One of the many corner cases that will kill your application or open it to DoS
(malicious or not).

I.e. you can DoS any nodejs application if

    
    
        * you can trigger it in making 4 DNS queries
        * and it does disk i/o (or uses any other core module using the thread pool)
    

> There are discussions around it

I've seen tickets opened since more than a year on this, without anything
showing a willingness to improve that. Version 0.9 even removed the
possibility to increase the number of thread (which they re-added in 0.10).

> such issues impact all frameworks

When you start using node, you don't expect that your bottleneck is a thread
pool.

In non async frameworks you know you'll have this kind of problems, you can
design around it, and a DNS query in some module can't block I/Os for the
whole application.

> If you want to scale node, you would use multiple processes.

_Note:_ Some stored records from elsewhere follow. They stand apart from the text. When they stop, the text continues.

-- ===== src/Buffer/Inserted.antt =====
-- What is buffered after an insert.
use potatodb.Prelude.{
  ℕ, ◌+◌, ◌≡◌, ◌≢◌, refl, sym, ◌∙◌, String, Bool, false, Option, none, some, List, ◌==◌, str_eq,
  Bool-cases, inl, inr, arith,
}
use potatodb.Prelude.HashMap.{HashMap, get}
use potatodb.Catalog.Types.{TableMeta}
use potatodb.Arrow.Holds.{Logged, added, cleared}
use potatodb.Buffer.State.{Env, BufferedInsert, Db, before_insert, total, target_columns}
use potatodb.Buffer.Flush.{flush_table}
use potatodb.Buffer.Insert.{
  Moment, entry_or_new, extended, is_full, flush_if_full, columns_eq, buffer_into, flush_other,
  buffer_insert_batches,
}
use potatodb.Buffer.Sound.{Sound, Ends, Ends-bind}
use potatodb.Buffer.Stage.{written}
use potatodb.Buffer.Buffered.{
  Both, Pending, flush_table-Both, validated-Pending, log_batches-Both, entry_or_new_lem,
}

module _ {e : Env} (s : Sound e) (C : HashMap TableMeta) (r : Bool) where
  open s use {Content, content, put}

  -- What may be buffered after an insert: the other tables' batches as before.
  abbrev pub After : Logged e.ipc → (String → Content) → ℕ → String → Db e → Type 0
  After L g room table d =
      (L1 : Logged e.ipc) × ((t : String) → str_eq table t ≡ false → L1 t ≡ L t)
      × Both s C r L1 g room d

  flush_if_full-After :
      (L L1 : Logged e.ipc) (g : String → Content) (room : ℕ) (m : Moment) (table : String)
      (d : Db e)
      → ((t : String) → str_eq table t ≡ false → L1 t ≡ L t)
      → Both s C r L1 g room d
      → Ends (After L g room table) (flush_if_full e m table d)
  unfolding flush_if_full
  flush_if_full-After L L1 g room m table d others h =
      elim (Bool-cases (is_full e m d (get d.write_buffer table))) [
        | inl q ↦ rw q (
            Ends-bind (Both s C r (cleared e.ipc table L1) g room) (After L g room table)
              (flush_table e m.faults table d) _
              (flush_table-Both s C r L1 g room m.faults table d h)
              λ n d1 k. (cleared e.ipc table L1, λ t z. rw z (others t z), k))
        | inr q ↦ rw q (L1, others, h)
      ]

  buffer_into-After :
      (L : Logged e.ipc) (g : String → Content) (room : ℕ) (m : Moment) (table : String)
      (batches : List e.ipc.Batch) (before : BufferedInsert e) (d : Db e)
      → total e.num_rows batches ≢ 0
      → before.columns ≡ none
      → before.batches ≡ L table
      → Both s C r L g (room + 1) d
      → Ends
          (After L (written s table none batches g) room table)
          (buffer_into e m table batches before d)
  unfolding buffer_into
  buffer_into-After L g room m table batches before d ne cs at h =
      let entry = extended e batches before in
      let L1 = added e.ipc table batches L in
      let g1 = written s table none batches g in
      let columns = target_columns entry.columns (get d.catalog.tables table) in
      Ends-bind (Pending s C r L g (room + 1) table batches) (After L g1 room table) _ _
        (validated-Pending s C r L g (room + 1) table batches before d
          (e.validate before_insert table columns entry.batches d.catalog d.world) ne cs at
          (s.content-validate before_insert table columns entry.batches d.catalog d.world) h)
        λ u d1 h1.
          Ends-bind (Both s C r L1 g1 room) (After L g1 room table) _ _
            (log_batches-Both s C r L g room m table batches d1 h1)
            λ u d2 h2.
              Ends-bind (After L g1 room table) (After L g1 room table) _ _
                (flush_if_full-After L L1 g1 room m table d2 (λ t z. rw z refl) h2) λ full d3 h3. h3

  fewer :
      (L : Logged e.ipc) (g : String → Content) (room : ℕ) (d : Db e)
      → Both s C r L g (room + 1) d
      → Both s C r L g room d
  fewer L g room d (h, k) =
      (h, λ z. let (w, at, holds, lt) = k z in (w, at, holds, omega (arith, lt)))

  -- An insert without rows changes nothing.
  pub no_rows :
      (L : Logged e.ipc) (g : String → Content) (room : ℕ) (table : String)
      (batches : List e.ipc.Batch) (d : Db e)
      → total e.num_rows batches ≡ 0
      → Both s C r L g room d
      → Both s C r L (written s table none batches g) room d
  no_rows L g room table batches d zero (h, k) = (
    record {
      held = h.held;
      stored = λ t. elim (Bool-cases (str_eq table t)) [
        | inl q ↦ rw q (h.stored t ∙ sym (s.put_empty (g t) none batches zero))
        | inr q ↦ rw q (h.stored t)
      ];
      plain = h.plain;
      mode = h.mode;
      tables = h.tables;
    },
    k,
  )

  flush_other-Both :
      (L : Logged e.ipc) (g : String → Content) (room : ℕ) (m : Moment) (table : String) (d : Db e)
      → Both s C r L g room d
      → Ends (Both s C r L g room) (flush_other e m table none d (get d.write_buffer table))
  unfolding columns_eq
  flush_other-Both L g room m table d h = go (get d.write_buffer table) refl
    where
      go :
          (o : Option (BufferedInsert e))
          → get d.write_buffer table ≡ o
          → Ends (Both s C r L g room) (flush_other e m table none d o)
      go none q = h
      go (some entry) q = rw ((h.0.plain table entry q).0) h

  pub buffer_insert_batches-After :
      (L : Logged e.ipc) (g : String → Content) (room : ℕ) (m : Moment) (table : String)
      (batches : List e.ipc.Batch) (d : Db e)
      → Both s C r L g (room + 1) d
      → Ends
          (After L (written s table none batches g) room table)
          (buffer_insert_batches e m table none batches d)
  unfolding buffer_insert_batches
  buffer_insert_batches-After L g room m table batches d h =
      elim (Bool-cases (total e.num_rows batches == 0)) [
        | inl q ↦ rw q (
          L,
          λ t z. refl,
          no_rows L g room table batches d (ground (arith, q)) (fewer L g room d h),
        )
        | inr q ↦ rw q (
            Ends-bind (Both s C r L g (room + 1))
              (After L (written s table none batches g) room table)
              (flush_other e m table none d (get d.write_buffer table)) _
              (flush_other-Both L g (room + 1) m table d h)
              λ u d1 h1.
                let before = entry_or_new e none m.now (get d1.write_buffer table) in
                let (cs, at) = entry_or_new_lem s C r L g m.now table d1 h1.0 in
                buffer_into-After L g room m table batches before d1 (ground (arith, q)) cs at h1)
      ]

By "unscalable" I meant libraries using O(n) or O(n^2) algos, with 'n' the
number of users or the size of your data, where it would have been easy to do
it in O(log) or O(1).

> Promises not being in core is a good thing

Why ?

> Eventually many of those use cases will switch to using ES6 generators

It hope it will improve, but we are discussing the current state of nodejs

------
noveltyaccount
Premature optimisation is the root of all evil. If you're building something
that will be as big as Twitter, the programming language will be the least of
your problems. Figuring out how to scale all of the connected system
horizontally, independently, will be more important than whether you chose
Node or C# or Java or Python.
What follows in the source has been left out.